This recipe comes from Sharyn Singer of Colour Your Health. Not only delicious but easy and balanced in all the right ways!
Makes 18 muffins. Gluten and dairy-free
3 oz coarsley chopped nuts (walnuts, pecans, hazelnuts, almonds, cashews). Use 1-3 varieties.
1 tbsp mixed seeds (sunflower, pumpkin, sesame). Use 1-3 varieties.
3 oz coarsely chopped dried fruit (dates, raisins, apricots, figs, cranberries, prunes). Use 1-3 types.
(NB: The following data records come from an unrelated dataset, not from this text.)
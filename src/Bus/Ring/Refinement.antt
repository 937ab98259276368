-- ===== src/Bus/Ring/Refinement.antt =====
-- The ring is a bounded queue.
use native.Mathlib.Nat.{mod-eq_of_lt, mod_self, add-mod_right}
use atomic_mesh.Base.{
  ℕ, zero, suc, ◌+◌, ◌-◌, ◌%◌, ◌≤◌, ◌<◌, ◌≡◌, refl, sym, ◌∙◌, ap, ◌⊎◌, inl, inr, true, false,
  Option, none, some, List, [], ◌∷◌, ◌++◌, length, get_elem?, arith, ◌==◌, nat_eq, if◌then◌else◌,
  Bool-cases, beq_refl, subst, ap₂,
}
use atomic_mesh.Bus.Ring.Capacity.{next_power_of_two-positive}
use atomic_mesh.Bus.Ring.{
  SpscRing, next_power_of_two, new_ring, empty_slots, set_slot, try_push, try_pop, ring_len,
  ring_capacity, slot_value,
}

-- The index behind another one.
abbrev pub next_index : ℕ → ℕ → ℕ
next_index cap i = if i + 1 == cap then 0 else i + 1

mod-next_index : (cap i : ℕ) → i < cap → (i + 1) % cap ≡ next_index cap i
mod-next_index cap i h = elim (Bool-cases (i + 1 == cap)) [
  | inl last ↦ rw last (ap (λ n. n % cap) ((nat_eq.beq_decides (i + 1) cap).0 last) ∙ mod_self cap)
  | inr inner ↦ rw inner (mod-eq_of_lt (ground arith))
]

length-empty_slots {ℓ} : (T : Type ℓ) (n : ℕ) → length (empty_slots {T = T} n) ≡ n
length-empty_slots T zero = refl
length-empty_slots T (suc n) = ap suc (length-empty_slots T n)

module _ {ℓ} {T : Type ℓ} where
  get_elem?-set_slot :
      (xs : List (Option T)) (i j : ℕ) (v : Option T)
      → i < length xs
      → get_elem? (set_slot xs i v) j ≡ (if i == j then some v else get_elem? xs j)
  get_elem?-set_slot [] i j v h = absurd (omega (arith, h))
  get_elem?-set_slot (x ∷ xs) zero zero v h = ground arith
  get_elem?-set_slot (x ∷ xs) zero (suc j) v h = ground arith
  get_elem?-set_slot (x ∷ xs) (suc i) zero v h = ground arith
  get_elem?-set_slot (x ∷ xs) (suc i) (suc j) v h =
      ground (arith, get_elem?-set_slot xs i j v (omega arith))

  length-set_slot :
      (xs : List (Option T)) (i : ℕ) (v : Option T) → length (set_slot xs i v) ≡ length xs
  length-set_slot [] i v = refl
  length-set_slot (x ∷ xs) zero v = refl
  length-set_slot (x ∷ xs) (suc i) v = ap suc (length-set_slot xs i v)

  -- The slots from an index on hold a queue.
  abbrev pub Slots : List (Option T) → ℕ → ℕ → List T → Type ℓ
  Slots buffer cap i [] = Unit
  Slots buffer cap i (x ∷ xs) =
      (get_elem? buffer i ≡ some (some x)) × Slots buffer cap (next_index cap i) xs

  -- The ring holds a queue: its slots between the tail and the head.
  pub record IsQueue (r : SpscRing T) (q : List T) : Type ℓ where
    pub slots_in_place : length r.buffer ≡ r.capacity
    pub head_in_range : r.head < r.capacity
    pub tail_in_range : r.tail < r.capacity
    pub room : length q < r.capacity
    pub span : (r.tail + length q ≡ r.head) ⊎ (r.tail + length q ≡ r.head + r.capacity)
    pub held : Slots r.buffer r.capacity r.tail q

  -- A slot outside the queue may change.
  Slots-set_slot :
      (q : List T) (buffer : List (Option T)) (cap i k : ℕ) (v : Option T)
      → length buffer ≡ cap
      → k < cap
      → i < cap
      → ((k < i) × (i + length q ≤ cap + k)) ⊎ (i + length q ≤ k)
      → Slots buffer cap i q
      → Slots (set_slot buffer k v) cap i q
  Slots-set_slot [] buffer cap i k v n b c d s = tt
  Slots-set_slot (x ∷ q) buffer cap i k v n b c d s =
      let elsewhere : (k == i) ≡ false = ground arith in
      (
        get_elem?-set_slot buffer k i v (omega arith) ∙ rw elsewhere s.0,
        Slots-set_slot q buffer cap (next_index cap i) k v n b (ground arith) (ground arith) s.1,
      )

  Slots-append :
      (q : List T) (buffer : List (Option T)) (cap i h : ℕ) (x : T)
      → i < cap
      → h < cap
      → (i + length q ≡ h) ⊎ (i + length q ≡ h + cap)
      → length q < cap
      → get_elem? buffer h ≡ some (some x)
      → Slots buffer cap i q
      → Slots buffer cap i (q ++ x ∷ [])
  Slots-append [] buffer cap i h x c d e f g s =
      let here : h ≡ i = omega arith in (ap (get_elem? buffer) (sym here) ∙ g, tt)
  Slots-append (y ∷ q) buffer cap i h x c d e f g s = (
    s.0,
    Slots-append q buffer cap (next_index cap i) h x (ground arith) d (ground arith) (ground arith)
        g s.1,
  )

-- What a producer and a consumer may ask for.
pub data RingOp {ℓ} (T : Type ℓ) : Type ℓ where
  push : T → RingOp T
  pop : RingOp T

module _ {ℓ} {T : Type ℓ} where
  abbrev pub ring_op : SpscRing T → RingOp T → SpscRing T × Option T
  ring_op r (push x) = try_push r x
  ring_op r pop = try_pop r

  -- The same of a queue with a bound.
  abbrev pub queue_op : ℕ → List T → RingOp T → List T × Option T
  queue_op bound q (push x) = if length q == bound then (q, some x) else (q ++ x ∷ [], none)
  queue_op bound [] pop = ([], none)
  queue_op bound (x ∷ q) pop = (q, some x)

  length-snoc : (q : List T) (x : T) → length (q ++ x ∷ []) ≡ length q + 1
  length-snoc [] x = omega arith
  length-snoc (y ∷ q) x = omega (arith, length-snoc q x)

  abbrev Step : SpscRing T → List T → SpscRing T × Option T → List T × Option T → Type ℓ
  Step r q (r', v) (q', w) = (v ≡ w) × IsQueue r' q' × (r'.capacity ≡ r.capacity)

  pushed-IsQueue :
      (r : SpscRing T) (q : List T) (x : T)
      → IsQueue r q
      → (next_index r.capacity r.head == r.tail) ≡ false
      → IsQueue
          (record r {
            buffer = set_slot r.buffer r.head (some x);
            head = next_index r.capacity r.head;
          })
          (q ++ x ∷ [])
  pushed-IsQueue r q x i free =
      let put : get_elem? (set_slot r.buffer r.head (some x)) r.head ≡ some (some x) =
        get_elem?-set_slot r.buffer r.head r.head (some x)
          (omega (arith, i.slots_in_place, i.head_in_range))
        ∙ rw (beq_refl r.head) refl in
      record {
        slots_in_place = length-set_slot r.buffer r.head (some x) ∙ i.slots_in_place;
        head_in_range = ground (arith, i.head_in_range);
        tail_in_range = i.tail_in_range;
        room = ground (arith, length-snoc q x, i.span, i.room, i.head_in_range, i.tail_in_range);
        span = ground (arith, length-snoc q x, i.span, i.room, i.head_in_range, i.tail_in_range);
        held =
            Slots-append q (set_slot r.buffer r.head (some x)) r.capacity r.tail r.head x
              i.tail_in_range i.head_in_range i.span i.room put
              (Slots-set_slot q r.buffer r.capacity r.tail r.head (some x) i.slots_in_place
                i.head_in_range i.tail_in_range
                (ground (arith, i.span, i.room, i.head_in_range, i.tail_in_range)) i.held);
      }

  popped-IsQueue :
      (r : SpscRing T) (q : List T) (x : T)
      → IsQueue r (x ∷ q)
      → IsQueue
          (record r { buffer = set_slot r.buffer r.tail none; tail = next_index r.capacity r.tail })
          q
  popped-IsQueue r q x i = record {
    slots_in_place = length-set_slot r.buffer r.tail none ∙ i.slots_in_place;
    head_in_range = i.head_in_range;
    tail_in_range = ground (arith, i.tail_in_range);
    room = omega (arith, i.room);
    span = ground (arith, i.span, i.room, i.head_in_range, i.tail_in_range);
    held =
        Slots-set_slot q r.buffer r.capacity (next_index r.capacity r.tail) r.tail none
          i.slots_in_place i.tail_in_range (ground (arith, i.tail_in_range))
          (ground (arith, i.span, i.room, i.head_in_range, i.tail_in_range)) (i.held.1);
  }

  try_push-Step :
      (r : SpscRing T) (q : List T) (x : T)
      → IsQueue r q
      → Step r q (try_push r x) (queue_op (ring_capacity r) q (push x))
  unfolding try_push ring_capacity
  try_push-Step r q x i =
      let at_next = mod-next_index r.capacity r.head i.head_in_range in
      elim (Bool-cases (next_index r.capacity r.head == r.tail)) [
        | inl full ↦
            let no_room : (length q == r.capacity - 1) ≡ true =
              ground (arith, i.span, i.room, i.head_in_range, i.tail_in_range) in
            rw (at_next, full, no_room) (refl, i, refl)
        | inr free ↦
            let some_room : (length q == r.capacity - 1) ≡ false =
              ground (arith, i.span, i.room, i.head_in_range, i.tail_in_range) in
            rw (at_next, free, some_room) (refl, pushed-IsQueue r q x i free, refl)
      ]

  try_pop-Step :
      (r : SpscRing T) (q : List T)
      → IsQueue r q
      → Step r q (try_pop r) (queue_op (ring_capacity r) q pop)
  unfolding try_pop
  try_pop-Step r [] i =
      let empty : (r.tail == r.head) ≡ true =
        ground (arith, i.span, i.head_in_range, i.tail_in_range) in
      rw empty (refl, i, refl)
  try_pop-Step r (x ∷ q) i =
      let filled : (r.tail == r.head) ≡ false =
        ground (arith, i.span, i.room, i.head_in_range, i.tail_in_range) in
      rw (filled, mod-next_index r.capacity r.tail i.tail_in_range)
        (ap slot_value i.held.0, popped-IsQueue r q x i, refl)

  ring_op-Step :
      (r : SpscRing T) (q : List T) (op : RingOp T)
      → IsQueue r q
      → Step r q (ring_op r op) (queue_op (ring_capacity r) q op)
  ring_op-Step r q (push x) i = try_push-Step r q x i
  ring_op-Step r q pop i = try_pop-Step r q i

  -- The answers to a list of calls, and the state behind them.
  abbrev pub run_ring : SpscRing T → List (RingOp T) → SpscRing T × List (Option T)
  run_ring r [] = (r, [])
  run_ring r (op ∷ ops) =
      let (r', v) = ring_op r op in let (r'', vs) = run_ring r' ops in (r'', v ∷ vs)

  abbrev pub run_queue : ℕ → List T → List (RingOp T) → List T × List (Option T)
  run_queue bound q [] = (q, [])
  run_queue bound q (op ∷ ops) =
      let (q', v) = queue_op bound q op in let (q'', vs) = run_queue bound q' ops in (q'', v ∷ vs)

  run_ring-run_queue :
      (r : SpscRing T) (q : List T) (ops : List (RingOp T)) (bound : ℕ)
      → ring_capacity r ≡ bound
      → IsQueue r q
      → ((run_ring r ops).1 ≡ (run_queue bound q ops).1)
        × IsQueue (run_ring r ops).0 (run_queue bound q ops).0
  unfolding ring_capacity
  run_ring-run_queue r q [] bound b i = (refl, i)
  run_ring-run_queue r q (op ∷ ops) bound b i =
      let (same, i', c) =
        subst (λ n. Step r q (ring_op r op) (queue_op n q op)) b (ring_op-Step r q op i) in
      let (sames, i'') =
        run_ring-run_queue (ring_op r op).0 (queue_op bound q op).0 ops bound
          (ap (λ n. n - 1) c ∙ b) i' in
      (ap₂ (λ v vs. v ∷ vs) same sames, i'')

  ring_len-length : (r : SpscRing T) (q : List T) → IsQueue r q → ring_len r ≡ length q
  unfolding ring_len
  ring_len-length r q i = elim i.span [
    | inl ahead ↦
        let distance : r.head + r.capacity - r.tail ≡ length q + r.capacity =
          omega (arith, ahead, i.tail_in_range) in
        ap (λ n. n % r.capacity) distance
        ∙ add-mod_right (length q) r.capacity
        ∙ mod-eq_of_lt i.room
    | inr behind ↦
        let distance : r.head + r.capacity - r.tail ≡ length q =
          omega (arith, behind, i.tail_in_range) in
        ap (λ n. n % r.capacity) distance ∙ mod-eq_of_lt i.room
  ]

new_ring-IsQueue {ℓ} :
    (T : Type ℓ) (n : ℕ) → 0 < next_power_of_two n → IsQueue (new_ring {T = T} n) []
unfolding new_ring
new_ring-IsQueue T n h = record {
  slots_in_place = length-empty_slots T (next_power_of_two n);
  head_in_range = h;
  tail_in_range = h;
  room = h;
  span = inl (omega arith);
  held = tt;
}

-- A ring is a bounded queue: whatever calls of `try_push` and `try_pop` a new ring gets, it gives
-- the answers of an empty queue whose bound is the ring's capacity less one, and `len` is then the
-- length of that queue.
pub ring_refines_queue {ℓ} :
    {T : Type ℓ} (capacity : ℕ) (ops : List (RingOp T))
    → ((run_ring (new_ring capacity) ops).1 ≡ (run_queue (next_power_of_two capacity - 1) [] ops).1)
      × (ring_len (run_ring (new_ring capacity) ops).0
          ≡ length (run_queue (next_power_of_two capacity - 1) [] ops).0)
ring_refines_queue {T = T} capacity ops =
    let (same, i) =
      run_ring-run_queue (new_ring capacity) [] ops (next_power_of_two capacity - 1)
        (unfold ring_capacity new_ring in refl)
        (new_ring-IsQueue T capacity (next_power_of_two-positive capacity)) in
    (same, ring_len-length _ _ i)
3 oz chopped fresh fruit (apples, pears, plums, rhubarb, oranges, peaches, nectarines, pineapple, blackberries, blueberries, raspberries). Use whatever is in season as much as possible.
1/2 tsp ground cinnamon
1 tbsp dessicated coconut (optional)
2 eggs
Pre-heat oven to 350F (180C).
Place all the fruit and nuts in a good-sized bowl. Mix together with all other ingredients, finishing with the eggs.
Using a teaspoon, spoon the mixture into greased mini muffin pans, filling each full. Bake for about 15-20 minutes or until a toothpick inserted comes out clean.
They can be frozen once baked and cooled.
These work well with most fresh and dried fruit, nuts and seeds. Try different combinations.